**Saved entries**

━━━

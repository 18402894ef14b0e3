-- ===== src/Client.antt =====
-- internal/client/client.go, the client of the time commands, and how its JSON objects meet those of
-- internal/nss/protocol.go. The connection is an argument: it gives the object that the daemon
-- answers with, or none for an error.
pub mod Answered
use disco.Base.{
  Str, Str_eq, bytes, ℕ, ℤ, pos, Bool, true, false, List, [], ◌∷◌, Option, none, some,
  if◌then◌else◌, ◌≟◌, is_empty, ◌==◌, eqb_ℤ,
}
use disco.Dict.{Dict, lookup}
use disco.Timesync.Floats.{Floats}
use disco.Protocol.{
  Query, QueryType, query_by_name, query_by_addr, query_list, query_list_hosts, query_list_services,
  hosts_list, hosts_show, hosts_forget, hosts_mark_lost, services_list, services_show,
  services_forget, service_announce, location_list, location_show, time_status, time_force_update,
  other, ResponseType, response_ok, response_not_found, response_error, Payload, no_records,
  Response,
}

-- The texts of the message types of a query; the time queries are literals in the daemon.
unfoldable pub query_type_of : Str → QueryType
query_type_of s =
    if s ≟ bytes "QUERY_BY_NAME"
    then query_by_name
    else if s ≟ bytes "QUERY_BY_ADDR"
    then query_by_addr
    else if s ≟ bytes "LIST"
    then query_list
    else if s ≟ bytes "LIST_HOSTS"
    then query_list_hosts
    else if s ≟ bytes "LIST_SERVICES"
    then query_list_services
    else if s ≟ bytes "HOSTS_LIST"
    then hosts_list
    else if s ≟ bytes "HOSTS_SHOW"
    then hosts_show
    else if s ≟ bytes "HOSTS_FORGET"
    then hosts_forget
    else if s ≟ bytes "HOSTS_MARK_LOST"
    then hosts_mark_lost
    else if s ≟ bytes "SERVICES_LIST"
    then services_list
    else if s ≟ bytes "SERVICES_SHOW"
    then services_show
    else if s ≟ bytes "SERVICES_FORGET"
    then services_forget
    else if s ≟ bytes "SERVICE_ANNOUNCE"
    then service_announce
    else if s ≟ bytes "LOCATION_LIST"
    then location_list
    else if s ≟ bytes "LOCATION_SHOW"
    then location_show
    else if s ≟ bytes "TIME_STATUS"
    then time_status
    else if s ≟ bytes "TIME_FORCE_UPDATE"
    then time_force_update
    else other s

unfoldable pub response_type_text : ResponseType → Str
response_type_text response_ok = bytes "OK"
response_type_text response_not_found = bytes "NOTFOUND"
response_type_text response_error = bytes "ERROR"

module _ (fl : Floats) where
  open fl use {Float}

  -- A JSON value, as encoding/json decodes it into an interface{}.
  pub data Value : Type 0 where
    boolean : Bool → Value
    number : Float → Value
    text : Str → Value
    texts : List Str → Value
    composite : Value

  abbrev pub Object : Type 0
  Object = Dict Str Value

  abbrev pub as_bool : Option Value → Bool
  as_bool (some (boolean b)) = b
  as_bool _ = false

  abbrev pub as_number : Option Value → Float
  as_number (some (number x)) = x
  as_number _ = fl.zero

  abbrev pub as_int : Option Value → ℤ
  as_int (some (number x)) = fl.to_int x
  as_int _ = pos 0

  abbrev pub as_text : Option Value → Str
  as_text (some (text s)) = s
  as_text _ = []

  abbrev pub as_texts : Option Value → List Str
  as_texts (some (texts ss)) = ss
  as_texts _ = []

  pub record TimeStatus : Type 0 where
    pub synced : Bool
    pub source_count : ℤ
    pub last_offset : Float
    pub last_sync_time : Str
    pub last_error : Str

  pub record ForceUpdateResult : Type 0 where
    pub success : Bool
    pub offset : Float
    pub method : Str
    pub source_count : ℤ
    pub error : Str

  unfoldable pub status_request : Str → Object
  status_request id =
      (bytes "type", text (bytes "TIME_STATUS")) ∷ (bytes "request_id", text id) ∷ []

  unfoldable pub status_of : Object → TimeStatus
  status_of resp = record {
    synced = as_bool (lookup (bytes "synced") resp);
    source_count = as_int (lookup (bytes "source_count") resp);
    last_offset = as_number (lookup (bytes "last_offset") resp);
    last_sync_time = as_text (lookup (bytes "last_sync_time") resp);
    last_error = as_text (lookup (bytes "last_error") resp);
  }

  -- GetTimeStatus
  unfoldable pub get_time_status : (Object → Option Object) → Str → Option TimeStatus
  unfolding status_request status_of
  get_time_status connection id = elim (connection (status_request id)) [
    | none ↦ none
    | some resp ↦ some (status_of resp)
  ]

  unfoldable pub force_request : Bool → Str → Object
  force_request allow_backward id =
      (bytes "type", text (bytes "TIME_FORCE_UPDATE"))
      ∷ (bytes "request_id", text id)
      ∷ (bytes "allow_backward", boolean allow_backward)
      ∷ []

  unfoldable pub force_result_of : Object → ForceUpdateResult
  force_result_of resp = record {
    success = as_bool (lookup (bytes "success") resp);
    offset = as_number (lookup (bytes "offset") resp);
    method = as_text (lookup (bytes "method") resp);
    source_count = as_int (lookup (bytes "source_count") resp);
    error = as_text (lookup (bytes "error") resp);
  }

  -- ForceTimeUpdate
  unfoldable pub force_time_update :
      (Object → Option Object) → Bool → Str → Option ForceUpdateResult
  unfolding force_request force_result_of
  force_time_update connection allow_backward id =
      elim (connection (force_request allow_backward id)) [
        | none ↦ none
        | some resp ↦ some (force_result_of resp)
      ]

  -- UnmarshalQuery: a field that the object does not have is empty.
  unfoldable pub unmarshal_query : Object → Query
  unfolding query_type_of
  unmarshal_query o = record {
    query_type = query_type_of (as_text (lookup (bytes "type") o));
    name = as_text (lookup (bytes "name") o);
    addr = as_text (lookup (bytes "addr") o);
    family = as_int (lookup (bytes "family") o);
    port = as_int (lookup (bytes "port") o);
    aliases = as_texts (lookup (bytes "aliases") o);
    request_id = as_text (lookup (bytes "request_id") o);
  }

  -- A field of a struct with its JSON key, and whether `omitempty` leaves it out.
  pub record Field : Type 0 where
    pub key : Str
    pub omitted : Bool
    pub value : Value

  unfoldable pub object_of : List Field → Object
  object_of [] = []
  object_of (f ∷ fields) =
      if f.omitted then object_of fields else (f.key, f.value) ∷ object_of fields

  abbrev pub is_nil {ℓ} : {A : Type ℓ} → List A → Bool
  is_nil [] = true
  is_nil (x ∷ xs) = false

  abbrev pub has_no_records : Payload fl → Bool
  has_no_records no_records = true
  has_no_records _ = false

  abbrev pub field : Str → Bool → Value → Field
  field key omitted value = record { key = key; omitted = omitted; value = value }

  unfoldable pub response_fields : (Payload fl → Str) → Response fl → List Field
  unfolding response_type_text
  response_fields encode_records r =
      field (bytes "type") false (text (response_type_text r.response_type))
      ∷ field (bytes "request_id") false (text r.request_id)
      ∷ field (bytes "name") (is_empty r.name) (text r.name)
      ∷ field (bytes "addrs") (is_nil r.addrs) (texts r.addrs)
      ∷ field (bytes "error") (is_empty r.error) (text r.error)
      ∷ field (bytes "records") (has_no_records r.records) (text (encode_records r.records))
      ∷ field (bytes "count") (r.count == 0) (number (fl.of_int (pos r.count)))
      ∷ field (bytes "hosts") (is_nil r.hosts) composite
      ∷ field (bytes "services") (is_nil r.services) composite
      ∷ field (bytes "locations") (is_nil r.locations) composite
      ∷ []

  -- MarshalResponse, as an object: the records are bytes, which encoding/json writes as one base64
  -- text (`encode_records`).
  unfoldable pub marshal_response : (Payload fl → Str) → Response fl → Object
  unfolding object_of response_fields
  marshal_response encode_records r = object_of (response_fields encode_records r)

━━━

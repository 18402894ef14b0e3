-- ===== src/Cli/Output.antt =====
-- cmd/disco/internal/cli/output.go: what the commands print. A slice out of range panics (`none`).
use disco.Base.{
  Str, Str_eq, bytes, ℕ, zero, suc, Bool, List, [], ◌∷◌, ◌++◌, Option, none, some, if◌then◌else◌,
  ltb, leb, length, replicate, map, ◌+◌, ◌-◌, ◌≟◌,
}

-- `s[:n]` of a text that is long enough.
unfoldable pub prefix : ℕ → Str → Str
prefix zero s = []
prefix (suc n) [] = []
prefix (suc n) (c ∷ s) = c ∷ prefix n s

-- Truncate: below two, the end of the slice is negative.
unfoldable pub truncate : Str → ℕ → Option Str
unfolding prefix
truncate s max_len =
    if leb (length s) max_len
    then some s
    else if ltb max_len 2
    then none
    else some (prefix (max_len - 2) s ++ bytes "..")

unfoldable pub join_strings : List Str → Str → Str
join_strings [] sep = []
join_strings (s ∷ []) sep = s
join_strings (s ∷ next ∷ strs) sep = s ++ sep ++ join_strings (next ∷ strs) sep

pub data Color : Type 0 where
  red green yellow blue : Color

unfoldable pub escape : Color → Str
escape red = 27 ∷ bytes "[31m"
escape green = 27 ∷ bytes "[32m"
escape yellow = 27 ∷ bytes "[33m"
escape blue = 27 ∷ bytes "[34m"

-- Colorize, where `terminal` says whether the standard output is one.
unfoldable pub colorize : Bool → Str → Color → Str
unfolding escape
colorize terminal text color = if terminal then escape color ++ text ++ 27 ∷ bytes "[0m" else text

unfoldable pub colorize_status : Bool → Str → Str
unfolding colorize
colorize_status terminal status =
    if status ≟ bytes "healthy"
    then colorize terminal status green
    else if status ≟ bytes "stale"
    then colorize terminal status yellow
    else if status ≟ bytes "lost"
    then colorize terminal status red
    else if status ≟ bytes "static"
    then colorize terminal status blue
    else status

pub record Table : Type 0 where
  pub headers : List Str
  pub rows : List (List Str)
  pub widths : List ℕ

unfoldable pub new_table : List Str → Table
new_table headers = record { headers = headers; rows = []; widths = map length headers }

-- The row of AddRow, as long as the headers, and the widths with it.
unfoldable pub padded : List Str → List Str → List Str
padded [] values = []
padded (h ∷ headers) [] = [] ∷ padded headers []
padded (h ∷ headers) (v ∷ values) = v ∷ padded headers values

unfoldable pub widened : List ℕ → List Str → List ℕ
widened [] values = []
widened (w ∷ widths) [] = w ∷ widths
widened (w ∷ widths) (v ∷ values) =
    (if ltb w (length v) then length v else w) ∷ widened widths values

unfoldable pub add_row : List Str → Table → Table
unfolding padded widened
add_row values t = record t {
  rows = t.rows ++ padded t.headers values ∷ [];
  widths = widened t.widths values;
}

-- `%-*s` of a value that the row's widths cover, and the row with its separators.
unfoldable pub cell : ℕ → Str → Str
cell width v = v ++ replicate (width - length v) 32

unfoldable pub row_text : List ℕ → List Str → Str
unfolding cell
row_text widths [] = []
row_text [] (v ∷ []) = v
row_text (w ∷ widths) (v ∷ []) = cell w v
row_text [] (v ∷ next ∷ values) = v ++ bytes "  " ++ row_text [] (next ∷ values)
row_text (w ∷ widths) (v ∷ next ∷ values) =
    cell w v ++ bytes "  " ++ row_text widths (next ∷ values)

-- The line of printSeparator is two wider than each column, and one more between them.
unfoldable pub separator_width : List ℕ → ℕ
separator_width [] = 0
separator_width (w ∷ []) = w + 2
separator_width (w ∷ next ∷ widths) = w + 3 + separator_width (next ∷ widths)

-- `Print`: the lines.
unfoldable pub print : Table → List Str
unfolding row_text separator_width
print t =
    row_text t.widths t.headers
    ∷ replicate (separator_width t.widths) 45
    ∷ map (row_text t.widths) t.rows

━━━

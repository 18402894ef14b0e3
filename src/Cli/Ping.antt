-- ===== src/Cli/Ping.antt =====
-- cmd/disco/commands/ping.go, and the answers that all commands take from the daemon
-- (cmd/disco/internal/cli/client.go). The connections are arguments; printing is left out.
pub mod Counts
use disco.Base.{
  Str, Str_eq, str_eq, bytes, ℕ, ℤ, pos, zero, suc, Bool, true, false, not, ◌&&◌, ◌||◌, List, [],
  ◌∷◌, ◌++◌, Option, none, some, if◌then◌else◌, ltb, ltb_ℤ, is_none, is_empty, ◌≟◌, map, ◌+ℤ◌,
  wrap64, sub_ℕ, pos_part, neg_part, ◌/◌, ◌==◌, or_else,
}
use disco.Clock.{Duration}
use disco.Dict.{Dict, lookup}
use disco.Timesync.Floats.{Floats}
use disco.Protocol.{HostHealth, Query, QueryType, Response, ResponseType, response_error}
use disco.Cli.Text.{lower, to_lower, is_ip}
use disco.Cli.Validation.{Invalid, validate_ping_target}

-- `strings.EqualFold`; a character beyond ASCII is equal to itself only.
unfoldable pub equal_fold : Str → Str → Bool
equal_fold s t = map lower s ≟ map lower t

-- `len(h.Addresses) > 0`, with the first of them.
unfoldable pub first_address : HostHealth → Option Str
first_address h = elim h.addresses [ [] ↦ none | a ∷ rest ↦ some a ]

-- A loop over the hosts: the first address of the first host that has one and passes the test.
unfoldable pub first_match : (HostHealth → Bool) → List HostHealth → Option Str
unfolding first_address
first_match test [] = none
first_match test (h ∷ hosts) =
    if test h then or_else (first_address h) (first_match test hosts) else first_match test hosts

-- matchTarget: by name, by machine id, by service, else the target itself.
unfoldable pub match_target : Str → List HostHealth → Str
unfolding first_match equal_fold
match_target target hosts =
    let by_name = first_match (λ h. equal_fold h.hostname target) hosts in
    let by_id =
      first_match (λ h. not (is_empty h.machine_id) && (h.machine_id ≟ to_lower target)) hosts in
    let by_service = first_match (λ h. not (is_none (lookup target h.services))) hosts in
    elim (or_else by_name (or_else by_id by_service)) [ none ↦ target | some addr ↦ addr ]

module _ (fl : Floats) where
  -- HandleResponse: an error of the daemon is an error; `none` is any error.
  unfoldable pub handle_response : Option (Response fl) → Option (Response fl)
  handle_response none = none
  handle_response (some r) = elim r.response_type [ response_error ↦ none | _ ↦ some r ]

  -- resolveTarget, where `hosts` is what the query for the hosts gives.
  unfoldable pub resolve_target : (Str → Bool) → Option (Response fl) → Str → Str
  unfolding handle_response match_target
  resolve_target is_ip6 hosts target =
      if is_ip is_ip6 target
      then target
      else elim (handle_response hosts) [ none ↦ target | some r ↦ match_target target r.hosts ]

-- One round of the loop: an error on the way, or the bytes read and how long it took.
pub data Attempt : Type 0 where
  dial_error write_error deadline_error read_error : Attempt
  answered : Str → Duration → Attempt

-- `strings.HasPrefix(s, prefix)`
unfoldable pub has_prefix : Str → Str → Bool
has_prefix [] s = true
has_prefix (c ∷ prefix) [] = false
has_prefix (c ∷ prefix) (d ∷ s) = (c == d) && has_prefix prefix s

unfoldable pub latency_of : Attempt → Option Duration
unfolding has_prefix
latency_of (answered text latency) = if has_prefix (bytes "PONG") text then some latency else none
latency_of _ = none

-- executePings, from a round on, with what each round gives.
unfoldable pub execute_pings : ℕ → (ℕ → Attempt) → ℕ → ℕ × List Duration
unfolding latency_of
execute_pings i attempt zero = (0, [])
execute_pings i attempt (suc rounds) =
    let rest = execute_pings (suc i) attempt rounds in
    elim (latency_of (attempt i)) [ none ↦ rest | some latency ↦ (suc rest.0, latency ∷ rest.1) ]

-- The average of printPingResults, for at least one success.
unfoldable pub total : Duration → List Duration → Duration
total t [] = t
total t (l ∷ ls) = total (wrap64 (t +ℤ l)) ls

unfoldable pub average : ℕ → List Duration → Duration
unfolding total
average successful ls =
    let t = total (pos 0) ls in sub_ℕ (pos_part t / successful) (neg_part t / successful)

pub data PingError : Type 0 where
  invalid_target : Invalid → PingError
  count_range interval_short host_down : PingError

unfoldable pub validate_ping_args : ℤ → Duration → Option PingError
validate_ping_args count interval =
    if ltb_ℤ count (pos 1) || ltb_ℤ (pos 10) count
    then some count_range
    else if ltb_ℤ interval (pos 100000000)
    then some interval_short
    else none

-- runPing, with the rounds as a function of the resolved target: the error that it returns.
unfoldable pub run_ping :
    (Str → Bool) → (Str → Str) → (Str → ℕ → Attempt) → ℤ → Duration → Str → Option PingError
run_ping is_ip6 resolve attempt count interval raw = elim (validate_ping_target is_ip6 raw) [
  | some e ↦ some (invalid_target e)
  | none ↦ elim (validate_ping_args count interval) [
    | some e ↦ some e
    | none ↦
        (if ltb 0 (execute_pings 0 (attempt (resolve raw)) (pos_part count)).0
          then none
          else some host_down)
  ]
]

━━━

**TASK BRIEF**
Write down again, exactly as given, only the lines above that fall from the line with "then services_forget" to the line with "Object = Dict Str Value", inclusive.

**RESULT**
    then services_forget
    else if s ≟ bytes "SERVICE_ANNOUNCE"
    then service_announce
    else if s ≟ bytes "LOCATION_LIST"
    then location_list
    else if s ≟ bytes "LOCATION_SHOW"
    then location_show
    else if s ≟ bytes "TIME_STATUS"
    then time_status
    else if s ≟ bytes "TIME_FORCE_UPDATE"
    then time_force_update
    else other s

unfoldable pub response_type_text : ResponseType → Str
response_type_text response_ok = bytes "OK"
response_type_text response_not_found = bytes "NOTFOUND"
response_type_text response_error = bytes "ERROR"

module _ (fl : Floats) where
  open fl use {Float}

  -- A JSON value, as encoding/json decodes it into an interface{}.
  pub data Value : Type 0 where
    boolean : Bool → Value
    number : Float → Value
    text : Str → Value
    texts : List Str → Value
    composite : Value

  abbrev pub Object : Type 0
  Object = Dict Str Value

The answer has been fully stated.